Le mercredi 1er août 2012, un collègue Contrôleur du Travail qui voulait opérer un contrôle de travail dissimulé dans un bazar-tabac de Balaruc-les Bains dans l'Hérault a été victime d'un employeur qui s'est violemment opposé à l'agent de l'Inspection du travail.

Outre qu'il a essayé de le frapper à coups de pied, notre collègue a été, par ailleurs, copieusement insulté puis à fait l'objet d'injures racistes. Ces injures racistes sont d'une particulière gravité. 

Les coups portés n'ont pu être évités que parce que deux gendarmes étaient présents lors de ce contrôle, à la demande de notre collègue. Ils ont par ailleurs demandé à l'agresseur de reposer une paire de ciseaux dont il s'était emparé, menaçant. 
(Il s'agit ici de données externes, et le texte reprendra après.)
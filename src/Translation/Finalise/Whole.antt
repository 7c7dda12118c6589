-- ===== src/Translation/Finalise/Whole.antt =====
-- `Finalise` ends, and a translation whose labels stand behind the jumps to them then goes forward.
use native.Mathlib.Nat.{mod-eq_of_lt}
use mathlib.Core.List.{append-nil, append_assoc}
use mathlib.Core.Path.{subst}
use reil.Base.{
  ℕ, zero, suc, ◌+◌, ◌-◌, ◌≤◌, ◌<◌, ◌^◌, ◌≡◌, refl, sym, ap, ◌∙◌, false, not, ◌==◌, if◌then◌else◌,
  arith, some, none, List, [], ◌∷◌, ◌++◌, length, get_elem?, ok, Returns, inl, inr, Option-cases,
  length-append,
}
use reil.Base.{==_iff}
use reil.Instruction.{Instruction}
use reil.Interpreter.Forward.{IsForward}
use reil.Translation.{Translation}
use reil.Translation.Finalise.{placed_label, resolve, erase_at, place, finalise_from, finalise}
use reil.Translation.Finalise.Forward.{
  IsOrdered, IsUnused, append-IsForward, resolve-IsForward, length-resolve, resolve-append,
  resolve-same, erase_at-append, get_elem?-append, get_elem?-end,
}

pub place-none :
    (i : ℕ) (ri : Instruction) (l : List Instruction) → placed_label ri ≡ none → place i ri l ≡ l
unfolding place
place-none i ri l e = rw (e, place) refl

pub place-some :
    (i index : ℕ) (ri : Instruction) (l : List Instruction)
    → placed_label ri ≡ some index
    → place i ri l
      ≡ (if not (i == length l - 1) then erase_at i (resolve index i l) else resolve index i l)
unfolding place
place-some i index ri l e = rw (e, place) refl

-- The jumps in front of the label `ri` are resolved, and nothing from it on.
resolve-front :
    (index i : ℕ) (front : List Instruction) (ri : Instruction) (back : List Instruction)
    → placed_label ri ≡ some index
    → IsOrdered (ri ∷ back)
    → resolve index i (front ++ ri ∷ back) ≡ resolve index i front ++ ri ∷ back
resolve-front index i front ri back e o =
    resolve-append index i front (ri ∷ back)
    ∙ ap (λ l. resolve index i front ++ l)
        (resolve-same index i (ri ∷ back) (subst (λ p. IsUnused p (ri ∷ back)) e o.1))

pub next_front :
    (front : List Instruction) (ri : Instruction) (back : List Instruction)
    → front ++ ri ∷ back ≡ (front ++ ri ∷ []) ++ back
next_front front ri back = sym (append_assoc front (ri ∷ []) back)

pub length-next_front :
    (front : List Instruction) (ri : Instruction) → length (front ++ ri ∷ []) ≡ suc (length front)
length-next_front front ri = omega (arith, length-append front (ri ∷ []))

pub finalise_from-step :
    (fuel i : ℕ) (ri : Instruction) (l : List Instruction)
    → get_elem? l i ≡ some ri
    → finalise_from (suc fuel) i l ≡ finalise_from fuel (suc i) (place i ri l)
unfolding finalise_from
finalise_from-step fuel i ri l e = rw (e, finalise_from) refl

pub finalise_from-end :
    (fuel i : ℕ) (l : List Instruction) → get_elem? l i ≡ none → finalise_from fuel i l ≡ ok l
unfolding finalise_from
finalise_from-end zero i l e = rw (e, finalise_from) refl
finalise_from-end (suc fuel) i l e = rw (e, finalise_from) refl

-- A list of at most `size` instructions, `left` of them from index `i` on: those in front go
-- forward, and those behind are ordered.
record IsSplit (i size left : ℕ) (l : List Instruction) : Type 0 where
  front : List Instruction
  back : List Instruction
  whole : l ≡ front ++ back
  here : i ≡ length front
  forward : IsForward 0 front
  ordered : IsOrdered back
  short : length front + length back ≤ size
  behind : length back ≤ left

module _ (i : ℕ) (front : List Instruction) (ri : Instruction) (e : i ≡ length front)
    (f : IsForward 0 front) (lt : i < 2 ^ 16) where
  plain-IsSplit :
      (back : List Instruction)
      → IsOrdered (ri ∷ back)
      → placed_label ri ≡ none
      → IsSplit (suc i) (suc (i + length back)) (length back) (place i ri (front ++ ri ∷ back))
  plain-IsSplit back o plain = record {
    front = front ++ ri ∷ [];
    back = back;
    whole = place-none i ri (front ++ ri ∷ back) plain ∙ next_front front ri back;
    here = omega (arith, length-next_front front ri);
    forward = append-IsForward 0 front ri f o.0;
    ordered = o.2;
    short = omega (arith, length-next_front front ri);
    behind = omega arith;
  }

  module _ (index : ℕ) (placed : placed_label ri ≡ some index) where
    resolved : List Instruction
    resolved = resolve index i front

    resolved-IsForward : IsForward 0 resolved
    unfolding resolved
    resolved-IsForward = resolve-IsForward index i 0 front (omega (arith, mod-eq_of_lt lt)) f

    length-resolved : length resolved ≡ i
    unfolding resolved
    length-resolved = length-resolve index i front ∙ sym e

    last-IsSplit : IsOrdered (ri ∷ []) → IsSplit (suc i) (suc i) 0 (place i ri (front ++ ri ∷ []))
    unfolding resolved
    last-IsSplit o = record {
      front = resolved ++ ri ∷ [];
      back = [];
      whole =
          place-some i index ri (front ++ ri ∷ []) placed
          ∙ ap
              (λ b.
                if not b
                then erase_at i (resolve index i (front ++ ri ∷ []))
                else resolve index i (front ++ ri ∷ []))
              ((==_iff i (length (front ++ ri ∷ []) - 1)).1
                (omega (arith, length-append front (ri ∷ []))))
          ∙ resolve-front index i front ri [] placed o
          ∙ sym (append-nil (resolve index i front ++ ri ∷ []));
      here = omega (arith, length-next_front resolved ri, length-resolved);
      forward = append-IsForward 0 resolved ri resolved-IsForward o.0;
      ordered = tt;
      short = omega (arith, length-next_front resolved ri, length-resolved);
      behind = omega arith;
    }

    not_last :
        (next : Instruction) (back : List Instruction)
        → (i == length (front ++ ri ∷ next ∷ back) - 1) ≡ false
    not_last next back = ground (arith, length-append front (ri ∷ next ∷ back))

    erased-IsSplit :
        (next : Instruction) (back : List Instruction)
        → IsOrdered (ri ∷ next ∷ back)
        → IsSplit
            (suc i)
            (suc (i + suc (length back)))
            (suc (length back))
            (place i ri (front ++ ri ∷ next ∷ back))
    unfolding resolved
    erased-IsSplit next back o = record {
      front = resolved ++ next ∷ [];
      back = back;
      whole =
          place-some i index ri (front ++ ri ∷ next ∷ back) placed
          ∙ ap
              (λ b.
                if not b
                then erase_at i (resolve index i (front ++ ri ∷ next ∷ back))
                else resolve index i (front ++ ri ∷ next ∷ back))
              (not_last next back)
          ∙ ap (erase_at i) (resolve-front index i front ri (next ∷ back) placed o)
          ∙ erase_at-append (resolve index i front) ri (next ∷ back) i (sym length-resolved)
          ∙ next_front (resolve index i front) next back;
      here = omega (arith, length-next_front resolved next, length-resolved);
      forward = append-IsForward 0 resolved next resolved-IsForward o.2.0;
      ordered = o.2.2;
      short = omega (arith, length-next_front resolved next, length-resolved);
      behind = omega arith;
    }

    label-IsSplit :
        (back : List Instruction)
        → IsOrdered (ri ∷ back)
        → IsSplit (suc i) (suc (i + length back)) (length back) (place i ri (front ++ ri ∷ back))
    label-IsSplit [] o =
        subst (λ n. IsSplit (suc i) n 0 (place i ri (front ++ ri ∷ []))) (omega arith)
          (last-IsSplit o)
    label-IsSplit (next ∷ back) o = erased-IsSplit next back o

  -- A round of the loop leaves one instruction less behind it.
  place-IsSplit :
      (back : List Instruction)
      → IsOrdered (ri ∷ back)
      → IsSplit (suc i) (suc (i + length back)) (length back) (place i ri (front ++ ri ∷ back))
  place-IsSplit back o = elim (Option-cases (placed_label ri)) [
    | inl plain ↦ plain-IsSplit back o plain
    | inr (index, placed) ↦ label-IsSplit index placed back o
  ]

-- The loop, at index `i`.
finalise_from-IsForward :
    (fuel i : ℕ) (front back : List Instruction)
    → i ≡ length front
    → IsForward 0 front
    → IsOrdered back
    → length front + length back < 2 ^ 16
    → length back ≤ fuel
    → Returns (finalise_from fuel i (front ++ back)) (IsForward 0)
finalise_from-IsForward fuel i front [] e f o short enough =
    let whole : front ++ [] ≡ front = append-nil front in
    rw whole (front, finalise_from-end fuel i front (get_elem?-end front i (omega arith)), f)
finalise_from-IsForward zero i front (ri ∷ back) e f o short enough = absurd (omega arith)
finalise_from-IsForward (suc fuel) i front (ri ∷ back) e f o short enough =
    let s = place-IsSplit i front ri e f (omega arith) back o in
    subst (λ m. Returns m (IsForward 0))
      (sym (
        finalise_from-step fuel i ri (front ++ ri ∷ back) (get_elem?-append front ri back i e)
        ∙ ap (finalise_from fuel (suc i)) s.whole))
      (finalise_from-IsForward fuel (suc i) s.front s.back s.here s.forward s.ordered
        (omega (arith, s.short)) (omega (arith, s.behind)))

-- A translation of fewer than 65536 instructions, none of which has an offset for its output, and
-- in which no label is jumped to from where it is placed on: `Finalise` ends, and every jump to an
-- offset that it leaves goes forward.
pub finalise-IsForward :
    (t : Translation)
    → IsOrdered t.translation
    → length t.translation < 2 ^ 16
    → Returns (finalise t) (IsForward 0)
unfolding finalise
finalise-IsForward t o short =
    finalise_from-IsForward (length t.translation) 0 [] t.translation refl tt o (omega arith)
      (omega arith)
Notre organisation est particulièrement préoccupée par l'accroissement de la violence lors des contrôles. Que ce serait-il passé en l'absence des forces de l'ordre ? Comment même est-il possible que cet employeur ait pu agir ainsi en leur présence ? Cette situation est infiniment inquiétante pour l'ensemble des agents.

L'Union Régionale Interprofessionnelle CFDT du Languedoc Roussillon et le SYNTEF-CFDT ont immédiatement réagi et demandé à être reçus par le Préfet de Région.

Nous avons été reçus par le Secrétaire Général de la Préfecture le 20 Août 2012 en présence d'un représentant de la DIRECCTE. Nous avons rappelé l'importance d'un soutien sans faille et public de l'action de l'Inspection du travail et d'une condamnation forte et, elle aussi publique, des agissements delictueux de tels employeurs.

Nous reprendrons, dans ce cadre, rendez-vous avec le Préfet de Région. 

L'employeur a été entendu par la gendarmerie et le parquet a décidé de poursuivre l'employeur qui pour ces délits pourrait être condamné jusqu'à la peine de six ans d'emprissonnement et 22 000 euros d'amende.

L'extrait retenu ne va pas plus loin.